An Old Woman Remembers The Heavenly Mother

Oh little one—here you are. You are ready to learn anything and everythingOlive and Julie, though your first and most important learning will be your connection with your mother. You rely on the milk from her breasts, and the softness of her flesh tells you that you are safe and you are loved. This is her first nurturing, though she will nurture you in many ways as you grow. She will hold you when you feel rejected or betrayed, she will embrace you on your wedding day, comfort you on the day you do what she has just done–the day you give birth.  Her body will be that same body you are learning to know now—changed only a little. Will she have the privilege I am having of seeing her great great granddaughter born, cleaned up, put to the nipple? I have been blessed with years. And finally (Oh, how I have waited!) the time has come for me to speak of sacred things—things I was told to keep in my heart until this moment, until I saw my first great great granddaughter emerge from the womb. I was also told that I would die soon after telling this story. Death will be sweet to me, and I will die praising God.

I am speaking to your great grandmother now, and she is writing this for me. (Yes, she knows how to write, and you will learn that skill as well.) It will be the first time she’ll hear me speak of this, for I kept my promise.

I was a child, just shy of my seventh birthday. Sometimes, voices have come to me, doubtful voices, mocking voices from beings who know what I saw, and want me to deny it. They have challenged me relentlessly. “Surely it was a dream,” they have interjected into my thoughts. In fact, I have always been a dreamer. But no dream could be so blindingly real. When you read these words, you may choose to believe that I dreamed it all, but I tell you now, as though you could hear my voice, it was real. You will not know my voice, but in the same ways that I heard wordless messages from those I saw, you may feel the truth of what I’m saying—should you nurture faith rather than indulging in the habit of doubt and meeting with others who will say words similar to “Surely it was a dream.”

I had run away, and I knew that punishment awaited me when I returned. Mother was angry with me—with cause. I wasn’t helping her. In fact (and this will not surprise you), I was daydreaming. I was imagining that I was in a pretend home, but that my real home was a mansion, and I was a princess. It was the Sabbath, in the evening, and I violated the Day of Rest by disobeying my mother. She said harsh words: “You have ruined the day for everyone.”

I was ashamed, and I was hurt. I fled, hearing her call after me: “Rachel! Come back this instant!” It was not the first time I had run away, but it was the first time I had broken my mother’s heart in running so far and staying away for so long.

Convinced that I was a wicked child, my steps were hot and fast, energized by my hateful rebellion. I hated myself and I hated my rebellion, and therefore I made them worse. You will understand that irony soon enough. To prove my wickedness to myself, I went to a place forbidden to children. I went to a graveyard. There was one particular grave by a grove of trees which drew my attention. There I saw Roman guards before a tomb. A huge, round stone blocked the entrance, and they were apparently guarding the dead one—though that seemed strange. Why guard the resting place of a corpse? They had lanterns, so I could see their faces—which were more frightened and perhaps more hateful than mine. I also thought that odd, for the Romans had great power. Why should they fear a grave so well covered?

It had been terribly dark two days earlier, and the cloud cover had stayed dense–until this night.  On this night, the stars were out. (Yes, I remained in the cemetery even as night fell. You should know how serious a sin that was, and how much grief and uncertainty it put on my mother, bless her bones.)

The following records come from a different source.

-- ===== src/Handler/Events.antt =====
-- The handlers of inbound events and of the mock's transfers, and the decoding of a requery's request
-- (corebanking/handler.go). What `json.Marshal` makes of a body is a parameter.
use lenz.Prelude.{
  ℕ, eqb, String, Bool, true, false, Option, none, some, [], ◌∷◌, not, ◌&&◌, ◌||◌, ◌==◌, List,
  if◌then◌else◌,
}
use lenz.Prelude.Int.{ℤ, pos, leb_ℤ}
use lenz.Prelude.Text.{trim_space}
use lenz.Model.{
  Status, Transfer, TransferRequest, ExternalInboundEventInput, ExternalInboundEventResult,
  ExternalTransferRequeryResult, Error,
}
use lenz.Tx.{Result, ok, err, Principal}
use lenz.Transfers.{unlisted_status}
use lenz.Provider.{TransferProvider, first_non_blank, is_ten_digit_account_number}
use lenz.Service.Action.{Action, stop}
use lenz.Service.External.Inbound as Inbound
use lenz.Service.Mock.{mock_inbound}
use lenz.Service.Mock.Outbound.{mock_outbound}
use lenz.Handler.{institution_scope}
use lenz.Handler.Bodies.{
  ExternalInboundEventRequest, MockTransferRequest, ExternalTransferRequeryRequest,
}
use lenz.Handler.Binding.{optional_string, nil_uuid, bind_valid}
use lenz.Handler.Routes.{run, external_transfer_requery}

-- A scenario is given and not one of the listed.
abbrev is_other_scenario : List String → Option String → Bool
is_other_scenario listed none = false
is_other_scenario [] (some scenario) = true
is_other_scenario (name ∷ listed) (some scenario) =
    let rest = is_other_scenario listed (some scenario) in if scenario == name then false else rest

-- A number is given that has not ten digits.
abbrev is_bad_number : Option String → Bool
is_bad_number none = false
is_bad_number (some number) = not (is_ten_digit_account_number (trim_space number))

abbrev is_nil : Option String → Bool
is_nil none = false
is_nil (some id) = id == nil_uuid

abbrev is_missing : Option String → Bool
is_missing none = true
is_missing (some _) = false

-- A currency is given that is not the naira.
abbrev is_not_naira : Option String → Bool
is_not_naira none = false
is_not_naira (some currency) = not (currency == "NGN")

-- `validateExternalInboundEventRequest`, where it refuses a body
unfoldable pub invalid_external_inbound_event_request : ExternalInboundEventRequest → Bool
invalid_external_inbound_event_request body =
    trim_space body.provider_event_id == ""
    || trim_space body.provider_reference == ""
    || leb_ℤ body.amount_minor (pos 0)
    || (is_missing body.account_id
        && trim_space (optional_string body.destination_account_number) == "")
    || is_nil body.account_id
    || is_bad_number body.destination_account_number
    || unlisted_status body.status
    || is_not_naira body.currency_id
    || is_other_scenario ("success" ∷ "pending" ∷ "failed" ∷ []) body.scenario

-- `bindExternalInboundEventRequest`
unfoldable pub bind_external_inbound_event_request :
    {Payload : Type 0}
    → (ExternalInboundEventRequest → Payload)
    → String
    → Option ExternalInboundEventRequest
    → Result (ExternalInboundEventInput Payload)
unfolding invalid_external_inbound_event_request
bind_external_inbound_event_request to_json institution_id =
    bind_valid invalid_external_inbound_event_request λ body. record {
      institution_id = institution_id;
      provider = optional_string body.provider;
      payload = to_json body;
      headers = ("X-Institution-ID", institution_id) ∷ [];
    }

abbrev status_given : Option Status → Status
status_given none = Status.other ""
status_given (some status) = status

abbrev is_bad_status : Option Status → Bool
is_bad_status none = false
is_bad_status (some status) = unlisted_status status

abbrev seconds_given : Option ℤ → ℤ
seconds_given none = pos 0
seconds_given (some seconds) = seconds

-- `validateMockTransferRequest`, where it refuses a body
unfoldable pub invalid_mock_transfer_request : MockTransferRequest → Bool
invalid_mock_transfer_request body =
    body.account_id == nil_uuid
    || leb_ℤ body.amount_minor (pos 0)
    || is_bad_status body.status
    || is_other_scenario
        ("success" ∷ "pending" ∷ "failed" ∷ "duplicate" ∷ "delayed" ∷ "reversal" ∷ []) body.scenario

-- `applyRequestScope`, for the institution that the scope gives
unfoldable pub apply_request_scope :
    Result String → String → TransferRequest → Result TransferRequest
apply_request_scope (err e) header_key request = err e
apply_request_scope (ok institution_id) header_key request =
    if not (request.institution_id == "")
      && not (trim_space request.institution_id == institution_id)
    then err Error.forbidden
    else ok (record request {
      institution_id = institution_id;
      idempotency_key =
          if request.idempotency_key == "" then trim_space header_key else request.idempotency_key;
    })

-- The request that a body of a mock transfer stands for.
abbrev mock_transfer_request : String → MockTransferRequest → TransferRequest
mock_transfer_request header_key body = record {
  institution_id = optional_string body.institution_id;
  account_id = body.account_id;
  amount_minor = body.amount_minor;
  currency_id = optional_string body.currency_id;
  idempotency_key = first_non_blank (optional_string body.idempotency_key ∷ header_key ∷ []);
  provider_event_id = optional_string body.provider_event_id;
  provider_reference = optional_string body.provider_reference;
  status = status_given body.status;
  narration = optional_string body.narration;
  scenario = optional_string body.scenario;
  delay_seconds = seconds_given body.delay_seconds;
}

-- `bindMockTransferRequest`
unfoldable pub bind_mock_transfer_request :
    Result String → String → Option MockTransferRequest → Result TransferRequest
unfolding invalid_mock_transfer_request apply_request_scope first_non_blank
bind_mock_transfer_request scope header_key none = err Error.invalid_request
bind_mock_transfer_request scope header_key (some body) =
    if invalid_mock_transfer_request body
    then err Error.invalid_request
    else apply_request_scope scope header_key (mock_transfer_request header_key body)

-- `externalTransferRequeryParamsFromRequest`: `none` is a header that is no UUID.
unfoldable pub external_transfer_requery_params :
    (String → Option String) → String → Option (Option String)
external_transfer_requery_params parse_uuid header =
    if trim_space header == "" then some none else elim (parse_uuid (trim_space header)) [
      | none ↦ none
      | some institution_id ↦ some (some institution_id)
    ]

-- `openAPIRequestError` answers what cannot be decoded as an invalid request.
abbrev decoded : {A : Type 0} → Option A → Result A
decoded none = err Error.invalid_request
decoded (some a) = ok a

-- The HTTP status of the answer to an inbound event.
abbrev event_answer_status : ExternalInboundEventResult → ℕ
event_answer_status result = if eqb result.http_status 0 then 200 else result.http_status

module _ {S Payload : Type 0} (is_uuid : String → Bool)
    (providers : List (String × TransferProvider S Payload)) (caller : Option Principal) where
  -- `ExternalInboundEvent`; the result is answered with `event_answer_status`.
  unfoldable pub external_inbound_event :
      (ExternalInboundEventRequest → Payload)
      → Option String
      → Option ExternalInboundEventRequest
      → Action S ExternalInboundEventResult
  unfolding bind_external_inbound_event_request Inbound.external_inbound_event
  external_inbound_event to_json header body = run (institution_scope caller header) λ i.
      run (bind_external_inbound_event_request to_json i body)
        λ input. Inbound.external_inbound_event is_uuid providers input

  -- `MockInboundTransfer`
  unfoldable pub mock_inbound_transfer :
      Bool
      → (TransferRequest → Payload)
      → Option String
      → String
      → Option MockTransferRequest
      → Action S Transfer
  unfolding bind_mock_transfer_request mock_inbound
  mock_inbound_transfer demo_routes to_json header key body =
      if not demo_routes
      then stop Error.not_found
      else run (bind_mock_transfer_request (institution_scope caller header) key body)
          λ request. mock_inbound is_uuid providers to_json request

  -- `MockOutboundTransfer`
  unfoldable pub mock_outbound_transfer :
      Bool → Option String → String → Option MockTransferRequest → Action S Transfer
  unfolding bind_mock_transfer_request mock_outbound
  mock_outbound_transfer demo_routes header key body =
      if not demo_routes
      then stop Error.not_found
      else run (bind_mock_transfer_request (institution_scope caller header) key body)
          λ request. mock_outbound providers request

  -- `externalTransferRequeryHTTP`: the path, the header and the body are decoded first.
  unfoldable pub external_transfer_requery_http :
      Option String
      → Option (Option String)
      → Option (Option ExternalTransferRequeryRequest)
      → Action S ExternalTransferRequeryResult
  unfolding external_transfer_requery
  external_transfer_requery_http transfer_id params body = run (decoded transfer_id) λ id.
      run (decoded params) λ header.
        run (decoded body)
          λ request. external_transfer_requery is_uuid providers caller header id request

And then it started. How can I describe it? The stars began to stretch. I noticed two at first. The light lengthened and brightened just above an olive tree. Five other stars to the east began stretching—not only lengthening but widening. Then hundreds, all around me and above me. It was a grand blossoming throughout the sky and reflected splendidly in every puddle. I became aware of music, but not like any music I had heard or even imagined. Every leaf of a tall olive tree was twinkling with dancing light, and the leaves’ music was like bells—small bells and finger cymbals. The tree trunks made a sound like soft drums, and the grasses were like the strumming of lyres or harps, though unlike anything we know here.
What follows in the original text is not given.